Stored data:
>>>>

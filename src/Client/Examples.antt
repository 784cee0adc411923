-- ===== src/Client/Examples.antt =====
-- Runs of the code of internal/sshclient/client.go, and of `RunCommand`.
use mcp_ssh_workspace.Common.{
  ℕ, ◌+◌, ◌≡◌, ◌≢◌, ◌⊎◌, refl, Bool, true, false, Option, none, some, [], ◌++◌, codes, eqb,
}
use mcp_ssh_workspace.Common.Int.{pos}
use mcp_ssh_workspace.Common.Result.{ok}
use mcp_ssh_workspace.Config.{Config, Machine}
use mcp_ssh_workspace.Tasks.{new_task_manager}
use mcp_ssh_workspace.Tunnels.{new_tunnel_manager}
use mcp_ssh_workspace.Tunnels.Registry.{new-IsValid}
use mcp_ssh_workspace.Tunnels.Closing.{AllClosed}
use mcp_ssh_workspace.Exec.Markers.RoundTrip.{report}
use mcp_ssh_workspace.Client.{
  Client, Network, connected, ConnectError, is_connected, auth_methods, connect, ensure_connected,
  ensure_handles, dial_with, with_client, with_sftp, connect_to,
}
use mcp_ssh_workspace.Client.Connecting.{ensure_connected-Ready}
use mcp_ssh_workspace.Client.Closing.{SameHandles, connect_to_cases}
use mcp_ssh_workspace.Client.Run.{CommandOptions, ended, Sessions, run_command}
use mcp_ssh_workspace.Client.Run.Registered.{Registers, run-Registers}

abbrev laptop : Machine
laptop = record {
  getenv = λ k. [];
  home_dir = codes "/home/ann";
  ssh_config = none;
  exists = λ p. false;
}

-- A network on which everything succeeds. Its state counts what was closed.
abbrev network : Network ℕ
network = record {
  agent = λ sock w. false;
  private_key = λ p w. none;
  dial = λ address user methods w. (connected 1, w);
  new_sftp = λ client w. (connected 2, w);
  getwd = λ sftp_cli w. some (codes "/home/ann");
  close_ssh = λ h w. w + 1;
  close_sftp = λ h w. w + 1;
}

abbrev to_box : Config
to_box = record {
  host = codes "box";
  port = pos 22;
  user = codes "ann";
  key_path = [];
  password = codes "pw";
  sudo_password = [];
  work_dir = [];
  use_agent = true;
  known_hosts = [];
}

abbrev idle : Client
idle = record {
  cfg = to_box;
  ssh_client = none;
  sftp_client = none;
  task_mgr = new_task_manager;
  tunnel_mgr = new_tunnel_manager;
  current_cwd = [];
  sudo_password = [];
}

abbrev online : Client
online = record idle { ssh_client = some 1; sftp_client = some 2; current_cwd = codes "/home/ann" }

connect_runs : connect laptop network idle 0 ≡ (none, online, 0)
unfolding connect dial_with with_client with_sftp auth_methods eqb
connect_runs = refl

ensure_connected-Ready_example :
    (is_connected (ensure_connected laptop network idle 0).1 ≡ true) × (idle.cfg.host ≢ [])
unfolding ensure_connected ensure_handles connect dial_with with_client with_sftp auth_methods eqb
ensure_connected-Ready_example = ensure_connected-Ready laptop network idle 0 refl

connect_to_cases_example :
    (r : Option ConnectError × Client × ℕ) × (connect_to laptop network
        (codes "box")
        (pos 22)
        (codes "ann")
        []
        (codes "pw")
        []
        online
        0
      ≡ ok r)
    × AllClosed r.1.tunnel_mgr
    × (((r.0 ≡ none) × (is_connected r.1 ≡ true) × (r.1.current_cwd ≢ []))
        ⊎ ((why : ConnectError) × (r.0 ≡ some why) × SameHandles laptop network online r.1))
connect_to_cases_example =
    connect_to_cases laptop network (codes "box") (pos 22) (codes "ann") [] (codes "pw") [] online 0
      new-IsValid

-- A session whose command ends at once, in `/srv`.
abbrev sessions : Sessions ℕ
sessions = record {
  new_session = λ client w. (connected 3, w);
  stdin_pipe = λ sess w. (connected 4, w);
  start = λ sess script w. (none, w);
  close_session = λ sess w. w;
  race = λ sess wait w. (ended none (codes "hi" ++ report 0 (codes "/srv")) [], w);
  now = λ w. 7;
}

-- ASCII counts as printable.
abbrev printable : ℕ → Bool
printable c = true

abbrev plain : CommandOptions
plain = record { sudo_password = []; run_as_sudo = true }

run-Registers_example :
    Registers online
      (run_command laptop network sessions printable (codes "ls") [] false (pos 0) plain online 0)
run-Registers_example =
    run-Registers laptop network sessions printable (codes "ls") [] false (pos 0) plain online 0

<<<<

◆ TASK PROMPT ◆
Which lines above include "record"? Show each of them by copying it.

◆ TASK RESPONSE ◆
laptop = record {
network = record {
to_box = record {
idle = record {
online = record idle { ssh_client = some 1; sftp_client = some 2; current_cwd = codes "/home/ann" }
sessions = record {
plain = record { sudo_password = []; run_as_sudo = true }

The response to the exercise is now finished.